We also wanted to know what you’re reading. Here are just a few of your favorite books: 

Adam L.: “As an extrovert married to an introvert, I recently undertook to learn more about how to interact more effectively with introverts in general. As part of that, I read “Quiet: The Power of Introverts in a World That Can’t Stop Talking,” by Susan Cain. It helped calibrate my perspective and has informed my interactions, and that has dramatically improved my relationship.”

Allison G.: “I just finished “Small Great Things” by Jodi Picoult with my book group. The book covers privilege, power and race. It has made me smarter because I see racism and privilege differently. This book was perfect for the book club, because it was made to be discussed in groups and pushes one to think about how they perceive race in their own life.”

Nikunj T.: “I’m currently reading “The Silk Roads: A New History of the World,” by Peter Frankopan.
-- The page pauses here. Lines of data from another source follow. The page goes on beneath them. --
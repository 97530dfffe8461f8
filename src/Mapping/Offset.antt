-- ===== src/Mapping/Offset.antt =====
-- What `map_offset` writes to a table of the lowest level.
use tauos.Base.{
  ℕ, zero, suc, ◌+◌, ◌*◌, ◌/◌, ◌%◌, ◌^◌, ◌≤◌, ◌<◌, ◌≡◌, ◌⊎◌, inl, inr, refl, sym, ap, ◌∙◌, arith,
  bit_or, Bool, true, false, Bool-cases, Option, some, ◌==◌, ltb, if◌then◌else◌,
}
use tauos.Bits.{add64, signed_lt}
use tauos.Paging.{
  Pte, page_size, table_index, PatType, uncacheable, write_combining, write_through, write_protect,
  write_back, uncacheable_minus, from_pat,
}
use tauos.Paging.Indices.{index_1}
use tauos.Paging.Entries.{from_paddr_iff, pat_index}
use tauos.Mapping.{
  Tables, set_entry, pte_p, is_leaf, leaf_entry, map_entry, map_entries, map_offset,
  pat_type_to_pte, krnl_default_pat,
}

-- The type at an index of the default table.
abbrev pub default_type : ℕ → PatType
default_type i =
    if i == 0
    then krnl_default_pat.std_types.t0
    else if i == 1
    then krnl_default_pat.std_types.t1
    else if i == 2
    then krnl_default_pat.std_types.t2
    else if i == 3
    then krnl_default_pat.std_types.t3
    else if i == 4
    then krnl_default_pat.pat_types.t0
    else if i == 5
    then krnl_default_pat.pat_types.t1
    else if i == 6
    then krnl_default_pat.pat_types.t2
    else krnl_default_pat.pat_types.t3

-- The entry flags that pat_type_to_pte gives for a type, for a page of either kind, select exactly
-- that type in the default table.
pub pat_type_to_pte_lem :
    (t : PatType) (is_hpage : Bool)
    → default_type (pat_index (pat_type_to_pte t is_hpage) is_hpage) ≡ t
unfolding pat_type_to_pte from_pat
pat_type_to_pte_lem uncacheable true = refl
pat_type_to_pte_lem uncacheable false = refl
pat_type_to_pte_lem write_combining true = refl
pat_type_to_pte_lem write_combining false = refl
pat_type_to_pte_lem write_through true = refl
pat_type_to_pte_lem write_through false = refl
pat_type_to_pte_lem write_protect true = refl
pat_type_to_pte_lem write_protect false = refl
pat_type_to_pte_lem write_back true = refl
pat_type_to_pte_lem write_back false = refl
pat_type_to_pte_lem uncacheable_minus true = refl
pat_type_to_pte_lem uncacheable_minus false = refl

-- Doing a step so many times.
unfoldable pub iterate : {S : Type 0} → (S → S) → ℕ → S → S
iterate next zero s = s
iterate next (suc i) s = iterate next i (next s)

module _ {S : Type 0} (page_getter : ℕ → S → Option (ℕ × S)) (page : S → ℕ) (next : S → S)
    (gets : (s : S) → page_getter 4096 s ≡ some (page s, next s))
    (is_page : (s : S) → (page s % 2 ^ 12 ≡ 0) × (page s < 2 ^ 52)) (branches leaves : Pte) where
  abbrev pub entry_for : S → Pte
  entry_for s = bit_or (bit_or pte_p (page s)) leaves

  -- The `n` entries from index `idx` on hold the pages in the order in which they were given, and all
  -- else is as it was.
  abbrev pub IsMapped : (table idx n : ℕ) → (before after : Tables) → S → Type 0
  IsMapped table idx n before after s =
      ((i : ℕ) → i < n → after (table + 8 * (idx + i)) ≡ entry_for (iterate next i s))
      × ((a : ℕ) → (a < table + 8 * idx) ⊎ (table + 8 * (idx + n) ≤ a) → after a ≡ before a)

  page_entry : (s : S) → leaf_entry 1 leaves (page s) ≡ some (entry_for s)
  unfolding leaf_entry
  page_entry s =
      let aligned : (page s % 2 ^ 12 == 0) ≡ true = ground (arith, is_page s) in
      let small : ltb (page s) (2 ^ 52) ≡ true = ground (arith, is_page s) in
      rw (from_paddr_iff (page s) (omega (arith, is_page s)), aligned, small) refl

  entry_step :
      (lower : (base table : ℕ) → Tables → S → Option (Tables × S))
      → (acme base table idx : ℕ) (tables : Tables) (s : S) → table_index base 1 ≡ idx
      → map_entry page_getter branches leaves lower 1 acme base table tables s
        ≡ some (set_entry tables (table + 8 * idx) (entry_for s), next s)
  unfolding map_entry is_leaf page_size
  entry_step lower acme base table idx tables s e = rw (e, gets s, page_entry s) refl

  -- One entry, and the rest of them after it.
  IsMapped-after :
      (table idx n : ℕ) (tables after : Tables) (s : S)
      → IsMapped table (idx + 1) n (set_entry tables (table + 8 * idx) (entry_for s)) after (next s)
      → IsMapped table idx (suc n) tables after s
  unfolding iterate
  IsMapped-after table idx n tables after s (inside, outside) =
      (λ i l. at_index i l, λ a out. outside a (wider a out) ∙ other a out)
    where
      wider :
          (a : ℕ)
          → (a < table + 8 * idx) ⊎ (table + 8 * (idx + suc n) ≤ a)
          → (a < table + 8 * (idx + 1)) ⊎ (table + 8 * (idx + 1 + n) ≤ a)
      wider a (inl l) = inl (omega arith)
      wider a (inr l) = inr (omega arith)

      other :
          (a : ℕ)
          → (a < table + 8 * idx) ⊎ (table + 8 * (idx + suc n) ≤ a)
          → set_entry tables (table + 8 * idx) (entry_for s) a ≡ tables a
      other a (inl l) = ground arith
      other a (inr l) = ground arith

      same : (table + 8 * idx == table + 8 * idx) ≡ true
      same = ground arith

      at_index : (i : ℕ) → i < suc n → after (table + 8 * (idx + i)) ≡ entry_for (iterate next i s)
      at_index zero l =
          let place : table + 8 * (idx + 0) ≡ table + 8 * idx = omega arith in
          rw place (outside (table + 8 * idx) (inl (omega arith)) ∙ rw same refl)
      at_index (suc i) l =
          let place : idx + suc i ≡ idx + 1 + i = omega arith in rw place (inside i (omega arith))

  abbrev Result : (acme table idx n : ℕ) → (tables : Tables) (s : S) → Option (Tables × S) → Type 0
  Result acme table idx n tables s r =
      (after : Tables) × ((r ≡ some (after, iterate next n s))
        × IsMapped table idx n tables after s)

  iterate-zero : (n : ℕ) (s : S) → n ≡ 0 → iterate next n s ≡ s
  unfolding iterate
  iterate-zero zero s e = refl
  iterate-zero (suc n) s e = absurd (omega arith)

  entries_next :
      (lower : (base table : ℕ) → Tables → S → Option (Tables × S))
      → (fuel acme base table idx : ℕ) (tables : Tables) (s : S) → signed_lt base acme ≡ true
      → table_index base 1 ≡ idx
      → (idx == 511) ≡ false
      → base + 4096 < 2 ^ 64
      → map_entries page_getter branches leaves lower (suc fuel) 1 acme base table tables s
        ≡ map_entries page_getter branches leaves lower fuel 1 acme
            (base + 4096)
            table
            (set_entry tables (table + 8 * idx) (entry_for s))
            (next s)
  unfolding map_entries page_size
  entries_next lower fuel acme base table idx tables s go index more small =
      let next_base : add64 base 4096 ≡ base + 4096 = omega arith in
      rw
        (
          go,
          map_entries,
          entry_step lower acme base table idx tables s index,
          index,
          more,
          next_base,
        )
        refl

  entries_lem :
      (lower : (base table : ℕ) → Tables → S → Option (Tables × S))
      → (n fuel acme base table idx : ℕ) (tables : Tables) (s : S) → n ≤ fuel
      → base / 2 ^ 12 % 512 ≡ idx
      → idx + n ≤ 512
      → acme ≡ base + n * 4096
      → acme < 2 ^ 47
      → Result acme table idx n tables s
          (map_entries page_getter branches leaves lower fuel 1 acme base table tables s)
  unfolding map_entries iterate page_size
  entries_lem lower zero zero acme base table idx tables s a b c d e =
      (tables, (refl, (λ i l. absurd (omega arith), λ _ _. refl)))
  entries_lem lower zero (suc fuel) acme base table idx tables s a b c d e =
      let stop : signed_lt base acme ≡ false = ground arith in
      (tables, (rw (stop, map_entries) refl, (λ i l. absurd (omega arith), λ _ _. refl)))
  entries_lem lower (suc n) zero acme base table idx tables s a b c d e = absurd (omega arith)
  entries_lem lower (suc n) (suc fuel) acme base table idx tables s a b c d e =
      let go : signed_lt base acme ≡ true = ground arith in
      let index : table_index base 1 ≡ idx = index_1 base ∙ b in
      let step = entry_step lower acme base table idx tables s index in
      let tables1 = set_entry tables (table + 8 * idx) (entry_for s) in
      elim (Bool-cases (idx == 511)) [
        | inl last ↦
            let none_left : n ≡ 0 = ground arith in
            (
              tables1,
              (
                rw (go, map_entries, step, index, last)
                    (ap (λ (t : S). some (tables1, t)) (sym (iterate-zero n (next s) none_left))),
                IsMapped-after table idx n tables tables1 s
                    (λ i l. absurd (omega (arith, l, none_left)), λ _ _. refl),
              ),
            )
        | inr more ↦
            let (after, (same, mapped)) =
              entries_lem lower n fuel acme (base + 4096) table (idx + 1) tables1 (next s)
                (omega arith) (ground arith) (omega arith) (omega arith) e in
            (
              after,
              (
                entries_next lower fuel acme base table idx tables s go index more (omega arith)
                    ∙ same,
                IsMapped-after table idx n tables after s mapped,
              ),
            )
      ]

  -- With a source of pages that never fails and gives page-aligned addresses below 2 ^ 52,
  -- map_offset at the lowest level, for a whole number of pages of the lower half that the table
  -- still has room for, succeeds: the entries from the index of the base on hold the pages in the
  -- order given, present and with the flags of a leaf, every other entry is unchanged, and exactly
  -- so many pages were taken.
  pub map_offset_lem :
      (n base table : ℕ) (tables : Tables) (s : S)
      → base / 2 ^ 12 % 512 + n ≤ 512
      → base + n * 4096 < 2 ^ 47
      → (after : Tables) × ((map_offset page_getter branches leaves 1
              (base + n * 4096)
              base
              table
              tables
              s
            ≡ some (after, iterate next n s))
          × IsMapped table (base / 2 ^ 12 % 512) n tables after s)
  unfolding map_offset
  map_offset_lem n base table tables s fits low =
      entries_lem (map_offset page_getter branches leaves 0 (base + n * 4096)) n 512
        (base + n * 4096) base table (base / 2 ^ 12 % 512) tables s (omega arith) refl fits refl low
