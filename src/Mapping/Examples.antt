-- ===== src/Mapping/Examples.antt =====
-- Uses of the theorems on mapping at a given table, and tests.
use tauos.Base.{ℕ, suc, ◌+◌, ◌*◌, ◌%◌, ◌^◌, ◌<◌, ◌≡◌, refl, arith, Option, some}
use tauos.Mapping.{Tables, map_offset, from_phys_addr, to_phys_addr}
use tauos.Mapping.Offset.{iterate, IsMapped, map_offset_lem}

-- Sixteen pages in turn.
abbrev pages : ℕ → ℕ → Option (ℕ × ℕ)
pages size s = some (4096 * (s % 16), suc s)

abbrev page : ℕ → ℕ
page s = 4096 * (s % 16)

test_phys : to_phys_addr (from_phys_addr 8192) ≡ 8192
unfolding to_phys_addr from_phys_addr
test_phys = refl

is_page : (s : ℕ) → (page s % 2 ^ 12 ≡ 0) × (page s < 2 ^ 52)
is_page s = (omega arith, omega arith)

map_offset_lem_example :
    (after : Tables) × ((map_offset pages 2 2 1 (8192 + 3 * 4096) 8192 65536 (λ a. 0) 5
        ≡ some (after, iterate suc 3 5))
      × IsMapped pages page suc (λ s. refl) is_page 2 2 65536 2 3 (λ a. 0) after 5)
map_offset_lem_example =
    map_offset_lem pages page suc (λ s. refl) is_page 2 2 3 8192 65536 (λ a. 0) 5 (omega arith)
      (omega arith)
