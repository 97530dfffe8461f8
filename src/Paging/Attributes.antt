-- ===== src/Paging/Attributes.antt =====
-- The page attribute table: the codes of memory types, and the register.
use native.Mathlib.Nat.{mod-eq_of_lt, mul-le-mul_right}
use tauos.Base.{ℕ, ◌+◌, ◌*◌, ◌%◌, ◌^◌, ◌≤◌, ◌<◌, ◌≡◌, refl, ◌∙◌, arith, some}
use tauos.Bits.{modulus, ◌>>>◌}
use tauos.Bits.Masks.{or_fields, or_comm}
use tauos.Paging.{
  PatType, uncacheable, write_combining, write_through, write_protect, write_back,
  uncacheable_minus, to_bits, from_bits, Pat, type_at, put, read, write,
}

to_bits-lt : (t : PatType) → to_bits t < 8
unfolding to_bits
to_bits-lt uncacheable = omega arith
to_bits-lt write_combining = omega arith
to_bits-lt write_through = omega arith
to_bits-lt write_protect = omega arith
to_bits-lt write_back = omega arith
to_bits-lt uncacheable_minus = omega arith

from_bits-to_bits : (t : PatType) → from_bits (to_bits t) ≡ some t
unfolding from_bits to_bits
from_bits-to_bits uncacheable = refl
from_bits-to_bits write_combining = refl
from_bits-to_bits write_through = refl
from_bits-to_bits write_protect = refl
from_bits-to_bits write_back = refl
from_bits-to_bits uncacheable_minus = refl

-- A byte put above what is there already.
put_eq :
    (pat : ℕ) (t : PatType) (k : ℕ)
    → pat < 2 ^ k
    → k % 64 ≡ k
    → 8 * 2 ^ k ≤ modulus
    → put pat t k ≡ to_bits t * 2 ^ k + pat
put_eq pat t k l e room =
    let small : to_bits t * 2 ^ k < modulus =
      omega (arith, mul-le-mul_right (2 ^ k) (to_bits-lt t), l) in
    rw e (rw (mod-eq_of_lt small) (or_comm pat (to_bits t * 2 ^ k) ∙ or_fields k (to_bits t) pat l))

-- The register's value, byte by byte.
abbrev word : Pat → ℕ
word p =
    to_bits p.pat_types.t3 * 2 ^ 56
    + (to_bits p.pat_types.t2 * 2 ^ 48
        + (to_bits p.pat_types.t1 * 2 ^ 40
            + (to_bits p.pat_types.t0 * 2 ^ 32
                + (to_bits p.std_types.t3 * 2 ^ 24
                    + (to_bits p.std_types.t2 * 2 ^ 16
                        + (to_bits p.std_types.t1 * 2 ^ 8
                            + (to_bits p.std_types.t0 * 2 ^ 0 + 0)))))))

put_onto :
    (pat sum : ℕ) (t : PatType) (k : ℕ)
    → pat ≡ sum
    → sum < 2 ^ k
    → k % 64 ≡ k
    → 8 * 2 ^ k ≤ modulus
    → put pat t k ≡ to_bits t * 2 ^ k + sum
put_onto pat sum t k same l e room = rw same (put_eq sum t k l e room)

write-eq : (p : Pat) → write p ≡ word p
unfolding write
write-eq p =
    let l0 = to_bits-lt p.std_types.t0 in
    let l1 = to_bits-lt p.std_types.t1 in
    let l2 = to_bits-lt p.std_types.t2 in
    let l3 = to_bits-lt p.std_types.t3 in
    let l4 = to_bits-lt p.pat_types.t0 in
    let l5 = to_bits-lt p.pat_types.t1 in
    let l6 = to_bits-lt p.pat_types.t2 in
    let e0 = put_onto 0 0 p.std_types.t0 0 refl (omega arith) refl (omega arith) in
    let e1 = put_onto _ _ p.std_types.t1 8 e0 (omega (arith, l0)) refl (omega arith) in
    let e2 = put_onto _ _ p.std_types.t2 16 e1 (omega (arith, l0, l1)) refl (omega arith) in
    let e3 = put_onto _ _ p.std_types.t3 24 e2 (omega (arith, l0, l1, l2)) refl (omega arith) in
    let e4 = put_onto _ _ p.pat_types.t0 32 e3 (omega (arith, l0, l1, l2, l3)) refl (omega arith) in
    let e5 =
      put_onto _ _ p.pat_types.t1 40 e4 (omega (arith, l0, l1, l2, l3, l4)) refl (omega arith) in
    let e6 =
      put_onto _ _ p.pat_types.t2 48 e5 (omega (arith, l0, l1, l2, l3, l4, l5)) refl
        (omega arith) in
    put_onto _ _ p.pat_types.t3 56 e6 (omega (arith, l0, l1, l2, l3, l4, l5, l6)) refl (omega arith)

type_at-byte : (msr k : ℕ) (t : PatType) → (msr >>> k) % 2 ^ 8 ≡ to_bits t → type_at msr k ≡ some t
type_at-byte msr k t e = rw e (from_bits-to_bits t)

-- Reading the page attribute table from the register value that write gives returns the same table,
-- for every table.
pub read-write : (p : Pat) → read (write p) ≡ some p
unfolding read
read-write p =
    let l0 = to_bits-lt p.std_types.t0 in
    let l1 = to_bits-lt p.std_types.t1 in
    let l2 = to_bits-lt p.std_types.t2 in
    let l3 = to_bits-lt p.std_types.t3 in
    let l4 = to_bits-lt p.pat_types.t0 in
    let l5 = to_bits-lt p.pat_types.t1 in
    let l6 = to_bits-lt p.pat_types.t2 in
    let l7 = to_bits-lt p.pat_types.t3 in
    rw
      (
        write-eq p,
        type_at-byte (word p) 0 p.std_types.t0 (omega (arith, l0)),
        type_at-byte (word p) 8 p.std_types.t1 (omega (arith, l0, l1)),
        type_at-byte (word p) 16 p.std_types.t2 (omega (arith, l0, l1, l2)),
        type_at-byte (word p) 24 p.std_types.t3 (omega (arith, l0, l1, l2, l3)),
        type_at-byte (word p) 32 p.pat_types.t0 (omega (arith, l0, l1, l2, l3, l4)),
        type_at-byte (word p) 40 p.pat_types.t1 (omega (arith, l0, l1, l2, l3, l4, l5)),
        type_at-byte (word p) 48 p.pat_types.t2 (omega (arith, l0, l1, l2, l3, l4, l5, l6)),
        type_at-byte (word p) 56 p.pat_types.t3 (omega (arith, l0, l1, l2, l3, l4, l5, l6, l7)),
      )
      refl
The book essentially is a history lesson in how, from the very beginning of civilization, trade and economics and exchange have been the single-most important constant which has dictated and molded kingdoms and countries. There are such intricate records of trade and Marketplace (a little unintended plug for you) from the B.C. era and how economics has led us to where we are today. It’s a fascinating read. And, history does repeat itself.. let’s just say that…”

Thanks for helping us start down this path. Who knows where it will lead?